Presentation on theme: "FINANCIAL MANAGEMENT I AND II The Scope of Corporate Finance."— Presentation transcript:
FINANCIAL MANAGEMENT I AND II The Scope of Corporate Finance
What is Finance? Concerned with maintenance and creation of economic value or wealth. Focuses on decision making with an eye toward creating wealth. The activities involved in managing cash flows in a business environment. Companies must make best use of capital, while balancing needs of corporate shareholders, managers, and other stakeholders.
The Financial Manager Would be in charge of answering the three questions: What long-term investments should you take on? Where will you get the long term financing to pay for your investment? How will you manage your everyday financial activities such as collecting from customers and paying suppliers?
The Financial Management Function Financing (Capital-Raising) Capital Budgeting Financial Management Corporate Governance Risk Management
The Legal Forms of Business Organization 1. Sole Proprietorship: a business owned by a single individual and has a minimum amount of legal structure. Advantages: a. Easily established with few complications b. Minimal organizational costs c. Does not have to share profits or control with others. Disadvantages: a. Unlimited liability for the owner b. the amount of equity is limited to the amount of the owner’s personal wealth c. Business terminates immediately upon death of owner
The Legal Forms of Business Organization 2. Partnership: a business formed by two or more individuals or entities. Two types of partnership: General Partnership: all the partners share in gains or losses (agreements) and all have unlimited liability for all partnership debts. Limited Partnership: one or more general partners will run the business and have unlimited liability, but there will be one or more limited partners who will not actively participate in the business.

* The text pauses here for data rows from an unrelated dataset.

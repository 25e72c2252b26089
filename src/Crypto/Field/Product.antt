-- ===== src/Crypto/Field/Product.antt =====
-- Sums and products of polynomials over a field, and the product of the distances to a list of nodes.
use genomedb.Base.{
  ℕ, zero, suc, ◌≤◌, ◌≡◌, ◌≢◌, refl, sym, ap, ◌∙◌, List, [], ◌∷◌, ◌++◌, length, All, arith,
}
use mathlib.Core.List.{Memᴰ}
use genomedb.Crypto.Field.{Field, field_laws, zero-of-mul, eq_of_add, add-zero, mul-zero}
use genomedb.Crypto.Field.Poly.{eval}

module _ {F : Type 0} (k : Field F) where
  infixl 65 ◌⊕◌
  infixl 70 ◌⊗◌
  open k use {zero as 𝟘, one as 𝟙, ◌⊕◌, ◌⊗◌, div}

  unfoldable pub add_poly : List F → List F → List F
  add_poly [] ds = ds
  add_poly (c ∷ cs) [] = c ∷ cs
  add_poly (c ∷ cs) (d ∷ ds) = (c ⊕ d) ∷ add_poly cs ds

  pub eval-add_poly :
      (cs ds : List F) (x : F) → eval k (add_poly cs ds) x ≡ eval k cs x ⊕ eval k ds x
  unfolding eval add_poly
  eval-add_poly [] ds x = sym (k.zero-add _)
  eval-add_poly (c ∷ cs) [] x = sym (add-zero k _)
  eval-add_poly (c ∷ cs) (d ∷ ds) x =
      ap (λ t. (c ⊕ d) ⊕ x ⊗ t) (eval-add_poly cs ds x) ∙ regroup (eval k cs x) (eval k ds x)
    where
      regroup : (s t : F) → (c ⊕ d) ⊕ x ⊗ (s ⊕ t) ≡ (c ⊕ x ⊗ s) ⊕ (d ⊕ x ⊗ t)
      regroup s t = simp field_laws

  pub length-add_poly :
      (n : ℕ) (cs ds : List F) → length cs ≤ n → length ds ≤ n → length (add_poly cs ds) ≤ n
  unfolding add_poly
  length-add_poly n [] ds p q = q
  length-add_poly n (c ∷ cs) [] p q = p
  length-add_poly zero (c ∷ cs) (d ∷ ds) p q = absurd (omega arith)
  length-add_poly (suc n) (c ∷ cs) (d ∷ ds) p q =
      omega (arith, length-add_poly n cs ds (omega arith) (omega arith))

  unfoldable pub scale_poly : F → List F → List F
  scale_poly s [] = []
  scale_poly s (c ∷ cs) = s ⊗ c ∷ scale_poly s cs

  pub eval-scale_poly : (s : F) (cs : List F) (x : F) → eval k (scale_poly s cs) x ≡ s ⊗ eval k cs x
  unfolding eval scale_poly
  eval-scale_poly s [] x = sym (mul-zero k s)
  eval-scale_poly s (c ∷ cs) x =
      ap (λ t. s ⊗ c ⊕ x ⊗ t) (eval-scale_poly s cs x) ∙ regroup (eval k cs x)
    where
      regroup : (t : F) → s ⊗ c ⊕ x ⊗ (s ⊗ t) ≡ s ⊗ (c ⊕ x ⊗ t)
      regroup t = simp field_laws

  pub length-scale_poly : (s : F) (cs : List F) → length (scale_poly s cs) ≡ length cs
  unfolding scale_poly
  length-scale_poly s [] = refl
  length-scale_poly s (c ∷ cs) = ap suc (length-scale_poly s cs)

  -- The product of X + z over the list.
  pub roots_poly : List F → List F
  roots_poly [] = 𝟙 ∷ []
  roots_poly (z ∷ zs) = add_poly (scale_poly z (roots_poly zs)) (𝟘 ∷ roots_poly zs)

  pub length-roots_poly : (zs : List F) → length (roots_poly zs) ≤ suc (length zs)
  unfolding roots_poly
  length-roots_poly [] = omega arith
  length-roots_poly (z ∷ zs) =
      length-add_poly (suc (suc (length zs))) (scale_poly z (roots_poly zs)) (𝟘 ∷ roots_poly zs)
        (omega (arith, length-scale_poly z (roots_poly zs), length-roots_poly zs))
        (omega (arith, length-roots_poly zs))

  unfoldable pub product : List F → F → F
  product [] x = 𝟙
  product (z ∷ zs) x = (x ⊕ z) ⊗ product zs x

  pub eval-roots_poly : (zs : List F) (x : F) → eval k (roots_poly zs) x ≡ product zs x
  unfolding eval roots_poly product
  eval-roots_poly [] x = ap (λ t. 𝟙 ⊕ t) (mul-zero k x) ∙ add-zero k 𝟙
  eval-roots_poly (z ∷ zs) x =
      eval-add_poly (scale_poly z (roots_poly zs)) (𝟘 ∷ roots_poly zs) x
      ∙ ap (λ t. t ⊕ (𝟘 ⊕ x ⊗ eval k (roots_poly zs) x)) (eval-scale_poly z (roots_poly zs) x)
      ∙ regroup (eval k (roots_poly zs) x)
      ∙ ap (λ t. (x ⊕ z) ⊗ t) (eval-roots_poly zs x)
    where
      regroup : (t : F) → z ⊗ t ⊕ (𝟘 ⊕ x ⊗ t) ≡ (x ⊕ z) ⊗ t
      regroup t = simp field_laws

  pub product_of_mem : (x : F) (zs : List F) → Memᴰ x zs → product zs x ≡ 𝟘
  unfolding product
  product_of_mem x [] m = elim m [ ]
  product_of_mem x (z ∷ zs) (Memᴰ.head e) =
      ap (λ t. t ⊗ product zs x) (ap (λ t. x ⊕ t) (sym e) ∙ k.add_self x)
      ∙ k.zero-mul (product zs x)
  product_of_mem x (z ∷ zs) (Memᴰ.tail h) =
      ap (λ t. (x ⊕ z) ⊗ t) (product_of_mem x zs h) ∙ mul-zero k (x ⊕ z)

  pub product_nonzero : (x : F) (zs : List F) → All (λ z. z ≢ x) zs → product zs x ≢ 𝟘
  unfolding product
  product_nonzero x [] d e = k.zero-ne-one (sym e)
  product_nonzero x (z ∷ zs) d e =
      d.0
        (sym (eq_of_add k x z (zero-of-mul k (x ⊕ z) (product zs x) (product_nonzero x zs d.1) e)))

  -- Products taken one factor at a time.
  pub product_step : (n x z : F) (zs : List F) → n ⊗ (x ⊕ z) ⊗ product zs x ≡ n ⊗ product (z ∷ zs) x
  unfolding product
  product_step n x z zs = k.mul_assoc n (x ⊕ z) (product zs x)

  pub product_step_zero : (n z : F) (zs : List F) → n ⊗ z ⊗ product zs 𝟘 ≡ n ⊗ product (z ∷ zs) 𝟘
  product_step_zero n z zs =
      ap (λ t. n ⊗ t ⊗ product zs 𝟘) (sym (k.zero-add z)) ∙ product_step n 𝟘 z zs

  pub product-nil : (n x : F) → n ≡ n ⊗ product [] x
  unfolding product
  product-nil n x = sym (k.mul_comm n 𝟙 ∙ k.one-mul n)

  pub product-append :
      (xs ys : List F) (n x : F) → n ⊗ product xs x ⊗ product ys x ≡ n ⊗ product (xs ++ ys) x
  unfolding product
  product-append [] ys n x = ap (λ t. t ⊗ product ys x) (sym (product-nil n x))
  product-append (z ∷ xs) ys n x =
      ap (λ t. t ⊗ product ys x) (sym (product_step n x z xs))
      ∙ product-append xs ys (n ⊗ (x ⊕ z)) x
      ∙ product_step n x z (xs ++ ys)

The Legal Forms of Business Organization 1. Corporation: a business created as a distinct legal entity composed of one or more individuals or entities. Advantages: a. Ownership (represented by shares of stock) can be readily transferred b. The life of corporation is not limited c. Limited liability of owners d. Ability to raise large amounts of capital is increased Disadvantages: a. Due to corporation is a “legal” person, it must pay taxes b. Most difficult and expensive form of business to establish
The Goal of Financial Management The goal of financial management – “to maximize the current value per share of existing stock” Maximize Profit? Earnings per share are backward-looking, dependant on accounting principles Do not fully consider cash flow timing Ignores risk Maximize Shareholder Wealth? Maximize stock price, not profits Shareholders as residual claimants, have better incentives to maximize firm value.
The Agency Problems The possibility of conflict of interest between the stockholders and management of a firm. Managers act as agents of the owners who hired them and gave them decision-making authority to manage the firm for the owners’ benefit. In practice however, self-interests may cause managers to pursue objectives other than shareholder- wealth maximization. This conflict of goals gives rise to managerial agency problems.
How Agency Costs Can Be Controlled Ways to overcome agency problems: Takeovers Monitoring and bonding Compensation contracts Executive compensation packages
C. Cash flow from firm’s assets F. Dividends and debt payments Financial Markets and The Corporation Financial Markets Short-term debt Long-term debt Equity shares A. Firm issues securities B. Firm invests in assets Current Assets Fixed Assets D. Government Other stakeholders E. Reinvested cash flows
Financial Markets and The Corporation A. Firm issues securities to raise cash B. Firm invests in assets C. Firm’s operations generate cash flow D. Cash is paid to government as taxes. Other stakeholders may receive cash. E. Reinvested cash flows are plowed back into firm. F. Cash is paid out to investors in the form of interest and dividends. * Refer previous page
Financial Markets and The Corporation Primary versus Secondary Markets Primary Market: the original sale of securities by governments and corporations. Two types: a. Initial Public Offering (IPO) – the first time issued in market to the public b. Private Placements – a negotiated sale involving a specific buyer Secondary Markets: these securities are bought and sold after the original sale.
The 5 Core Principles of Finance 1. The Time Value of Money The opportunity to earn a return on invested funds means that a dollar today is worth more than a dollar in the future. Business decisions involved a trade-off between spending money today and receiving money in the future.
The 5 Core Principles of Finance 2. Compensation of Risk Investors expect compensation for bearing risk. 3. Don’t Put Your Eggs in One Basket Investors can achieve a more favorable trade-off between risk and return by diversifying their portfolios (Harry Markowitz, 1990).
The 5 Core Principles of Finance 4. Markets are Smart Competition for information tends to make markets efficient. Prices of financial assets quickly, and accurately, reflect all information that investors have access to. Investors should just simply buy and hold a diversified portfolio than try to pick winners and losers in the stock market.
The 5 Core Principles of Finance 5. No Arbitrage Arbitrage refers to a trading strategy in which an investor simultaneously buys and sells the same asset in different markets at different prices to earn an instant, risk-free profit.